[ASSIGNED TASK] Report each line of the records below that uses the word "nput".

------------------------------------

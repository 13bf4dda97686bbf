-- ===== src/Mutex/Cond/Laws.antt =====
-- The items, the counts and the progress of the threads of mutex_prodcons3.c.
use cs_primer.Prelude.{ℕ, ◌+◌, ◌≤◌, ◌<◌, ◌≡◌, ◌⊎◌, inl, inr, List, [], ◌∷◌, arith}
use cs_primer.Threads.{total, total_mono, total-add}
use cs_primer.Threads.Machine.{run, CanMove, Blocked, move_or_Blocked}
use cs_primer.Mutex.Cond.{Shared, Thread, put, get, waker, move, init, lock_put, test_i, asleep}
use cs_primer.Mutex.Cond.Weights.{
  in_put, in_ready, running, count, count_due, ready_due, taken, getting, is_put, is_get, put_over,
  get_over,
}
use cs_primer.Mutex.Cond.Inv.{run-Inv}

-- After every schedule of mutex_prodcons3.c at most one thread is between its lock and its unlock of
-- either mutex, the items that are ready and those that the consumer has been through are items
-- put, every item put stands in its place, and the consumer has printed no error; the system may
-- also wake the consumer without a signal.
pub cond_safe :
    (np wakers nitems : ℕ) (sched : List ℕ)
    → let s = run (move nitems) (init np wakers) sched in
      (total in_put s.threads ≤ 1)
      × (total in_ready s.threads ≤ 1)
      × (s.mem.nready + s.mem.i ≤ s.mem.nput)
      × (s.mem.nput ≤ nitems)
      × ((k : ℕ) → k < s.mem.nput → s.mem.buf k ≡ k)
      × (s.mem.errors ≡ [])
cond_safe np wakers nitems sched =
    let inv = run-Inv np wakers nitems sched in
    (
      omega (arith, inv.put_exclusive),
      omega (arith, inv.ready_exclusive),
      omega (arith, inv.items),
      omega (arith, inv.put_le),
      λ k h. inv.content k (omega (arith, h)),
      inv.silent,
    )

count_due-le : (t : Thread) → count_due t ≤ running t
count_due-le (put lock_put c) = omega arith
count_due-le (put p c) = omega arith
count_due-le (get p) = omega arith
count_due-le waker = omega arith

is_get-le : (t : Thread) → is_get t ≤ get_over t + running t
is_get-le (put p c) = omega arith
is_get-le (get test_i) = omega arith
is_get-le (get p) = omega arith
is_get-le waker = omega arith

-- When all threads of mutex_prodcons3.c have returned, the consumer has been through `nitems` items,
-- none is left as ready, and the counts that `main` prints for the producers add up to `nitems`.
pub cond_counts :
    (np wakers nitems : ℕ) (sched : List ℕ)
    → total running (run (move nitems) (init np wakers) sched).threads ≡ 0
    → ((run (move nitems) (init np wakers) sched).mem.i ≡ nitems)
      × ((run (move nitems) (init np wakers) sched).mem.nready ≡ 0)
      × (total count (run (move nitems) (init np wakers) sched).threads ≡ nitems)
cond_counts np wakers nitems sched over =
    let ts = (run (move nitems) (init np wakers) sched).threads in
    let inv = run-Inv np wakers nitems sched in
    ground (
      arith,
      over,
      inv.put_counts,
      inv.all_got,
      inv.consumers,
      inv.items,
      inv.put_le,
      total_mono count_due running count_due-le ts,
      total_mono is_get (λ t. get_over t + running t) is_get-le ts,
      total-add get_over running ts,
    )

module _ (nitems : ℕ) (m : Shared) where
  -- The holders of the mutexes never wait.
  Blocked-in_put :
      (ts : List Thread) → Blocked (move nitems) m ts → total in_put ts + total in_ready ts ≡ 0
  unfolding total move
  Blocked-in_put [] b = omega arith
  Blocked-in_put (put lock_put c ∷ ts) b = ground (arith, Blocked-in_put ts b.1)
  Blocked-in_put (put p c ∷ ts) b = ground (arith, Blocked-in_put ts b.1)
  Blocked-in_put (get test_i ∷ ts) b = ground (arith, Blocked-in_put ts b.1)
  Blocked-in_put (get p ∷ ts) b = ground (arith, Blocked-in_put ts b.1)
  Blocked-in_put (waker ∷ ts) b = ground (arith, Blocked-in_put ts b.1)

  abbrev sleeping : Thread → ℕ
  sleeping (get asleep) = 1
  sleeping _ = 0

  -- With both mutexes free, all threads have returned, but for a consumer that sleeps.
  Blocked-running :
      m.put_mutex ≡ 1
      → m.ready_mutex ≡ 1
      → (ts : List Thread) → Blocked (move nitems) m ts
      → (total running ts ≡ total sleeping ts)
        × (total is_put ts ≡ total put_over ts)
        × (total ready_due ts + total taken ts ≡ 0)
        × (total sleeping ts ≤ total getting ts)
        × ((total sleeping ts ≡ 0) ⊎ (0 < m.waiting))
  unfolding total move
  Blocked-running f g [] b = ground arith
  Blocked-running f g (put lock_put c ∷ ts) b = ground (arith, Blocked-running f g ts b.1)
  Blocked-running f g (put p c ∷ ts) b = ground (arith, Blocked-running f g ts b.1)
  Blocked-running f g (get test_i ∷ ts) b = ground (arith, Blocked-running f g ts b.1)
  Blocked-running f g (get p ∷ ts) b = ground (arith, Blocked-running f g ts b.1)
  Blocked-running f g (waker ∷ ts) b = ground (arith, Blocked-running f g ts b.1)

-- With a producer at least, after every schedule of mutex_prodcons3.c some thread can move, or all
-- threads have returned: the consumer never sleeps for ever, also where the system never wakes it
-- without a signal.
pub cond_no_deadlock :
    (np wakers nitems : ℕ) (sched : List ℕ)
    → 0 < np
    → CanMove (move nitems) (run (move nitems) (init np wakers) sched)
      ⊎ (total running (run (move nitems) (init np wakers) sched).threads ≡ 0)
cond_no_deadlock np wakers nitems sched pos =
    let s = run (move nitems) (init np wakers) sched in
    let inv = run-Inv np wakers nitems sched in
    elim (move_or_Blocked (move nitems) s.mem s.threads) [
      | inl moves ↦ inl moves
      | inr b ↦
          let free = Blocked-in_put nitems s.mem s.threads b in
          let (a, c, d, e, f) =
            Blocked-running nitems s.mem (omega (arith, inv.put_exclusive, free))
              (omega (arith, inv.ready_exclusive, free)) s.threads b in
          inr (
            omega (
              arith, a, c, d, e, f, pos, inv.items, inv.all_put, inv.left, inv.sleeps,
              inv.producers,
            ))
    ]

------------------------------------

[EXPECTED OUTPUT]
      × (s.mem.nready + s.mem.i ≤ s.mem.nput)
      × (s.mem.nput ≤ nitems)
      × ((k : ℕ) → k < s.mem.nput → s.mem.buf k ≡ k)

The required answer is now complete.